The poll was conducted Dec. 13-15 by The Tarrance Group of Alexandria, Va., and has a margin of error of 4.5 percent. Shaheen was rated favorably by 63 percent of the voters polled, and unfavorably by 31 percent, numbers that satisfied her supporters considering the tumult over the education battles in Concord. Humphrey was rated favorably by 41 percent and unfavorably by 16 percent. However, 24 percent of the voters surveyed had never heard of Humphrey, who last ran for statewide office in 1984, and 19 percent had no opinion about him.
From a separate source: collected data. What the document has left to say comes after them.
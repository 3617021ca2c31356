-- ===== src/Vsock/Muxer/Queued.antt =====
-- The keys of the RX queue of `VsockMuxer`, src/devices/src/virtio/vsock/unix/muxer.rs.
use firecracker.Base.{
  ◌+◌, ◌≤◌, ◌<◌, ◌≡◌, ◌⊎◌, inl, inr, refl, ap, Bool, true, false, not, ◌&&◌, List, [], ◌∷◌, ◌++◌,
  length, ◌==◌, if-split, arith,
}
use firecracker.Vsock.RxQ.{
  ConnMapKey, MuxerRx, conn_rx, rst_pkt, MuxerRxQ, is_full, push_over, push-IsPushed, pending,
  from_conn_map, from_conn_map-IsBuilt, pop,
}
use firecracker.Vsock.RxQ
use firecracker.Vsock.Muxer.{key_eq}

abbrev pub Queued : ConnMapKey → List MuxerRx → Type 0
Queued key [] = ⊥
Queued key (conn_rx k ∷ xs) = (k ≡ key) ⊎ Queued key xs
Queued key (rst_pkt l p ∷ xs) = Queued key xs

pub Queued-append :
    (key : ConnMapKey) (xs ys : List MuxerRx)
    → Queued key xs ⊎ Queued key ys
    → Queued key (xs ++ ys)
Queued-append key [] ys (inl h) = elim h [ ]
Queued-append key [] ys (inr h) = h
Queued-append key (conn_rx k ∷ xs) ys (inl (inl e)) = inl e
Queued-append key (conn_rx k ∷ xs) ys (inl (inr h)) = inr (Queued-append key xs ys (inl h))
Queued-append key (conn_rx k ∷ xs) ys (inr h) = inr (Queued-append key xs ys (inr h))
Queued-append key (rst_pkt l p ∷ xs) ys h = Queued-append key xs ys h

pub Queued-split :
    (key : ConnMapKey) (xs ys : List MuxerRx)
    → Queued key (xs ++ ys)
    → Queued key xs ⊎ Queued key ys
Queued-split key [] ys h = inr h
Queued-split key (conn_rx k ∷ xs) ys (inl e) = inl (inl e)
Queued-split key (conn_rx k ∷ xs) ys (inr h) = elim (Queued-split key xs ys h) [
  | inl a ↦ inl (inr a)
  | inr b ↦ inr b
]
Queued-split key (rst_pkt l p ∷ xs) ys h = Queued-split key xs ys h

pub length-append-conn : (xs : List MuxerRx) (x : MuxerRx) → length (xs ++ x ∷ []) ≡ length xs + 1
length-append-conn [] x = refl
length-append-conn (y ∷ xs) x = omega (arith, length-append-conn xs x)

pub append_assoc : (xs ys zs : List MuxerRx) → (xs ++ ys) ++ zs ≡ xs ++ (ys ++ zs)
append_assoc [] ys zs = refl
append_assoc (x ∷ xs) ys zs = ap (λ t. x ∷ t) (append_assoc xs ys zs)

-- What a push of a connection's key does.
pub data OnConn (key : ConnMapKey) (r : MuxerRxQ) : MuxerRxQ → Type 0 where
  queued :
      r.synced ≡ true
      → length r.q < RxQ.size
      → OnConn key r (record r { q = r.q ++ conn_rx key ∷ [] })
  dropped : OnConn key r (record r { synced = false })

pub push-OnConn :
    (key : ConnMapKey) (r : MuxerRxQ)
    → length r.q ≤ RxQ.size
    → OnConn key r (RxQ.push (conn_rx key) r).1
unfolding RxQ.push push_over is_full
push-OnConn key r b =
    if-split (λ (o : Bool × MuxerRxQ). OnConn key r o.1) (r.synced && not (length r.q == RxQ.size))
      (λ t. queued (ground arith) (ground arith)) (λ t. dropped)

pub pop-tail :
    (r : MuxerRxQ) (x : MuxerRx) (xs : List MuxerRx)
    → r.q ≡ x ∷ xs
    → (pop r).1 ≡ record r { q = xs }
unfolding pop
pop-tail r x xs e = rw e refl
So what does all this mean? Eleven months before the election, before either Humphrey or even Shaheen or anybody else for that matter has officially entered the race? While Shaheen's performance in office is hashed out routinely in the media, little has been said so far about Humphrey's voting record, either in the US Senate, where he served from 1979 to 1990, or in the state Senate, where he served for one term, 1991-92. He has been out of elective politics since then. Shaheen has been busy trying to ward off critics of her statewide property tax as well as members of her own party, angry at her stand against the income tax.

Shaheen's legal counsel and longtime aide, Judy Reardon, said Humphrey is at his high point now because voters ''have forgotten what an extremist he was'' when he was in public office.

Recently, Humphrey has criticized the state Supreme Court for its decisions in the Claremont education case and attacked a state official for ''bullying'' a tax collector and for treating local officials like ''brainless robots.'' He also called for a halt to all new tollbooths, which he called a ''mortal danger'' to drivers. He has described Shaheen as timid, unimaginative and wishy-washy.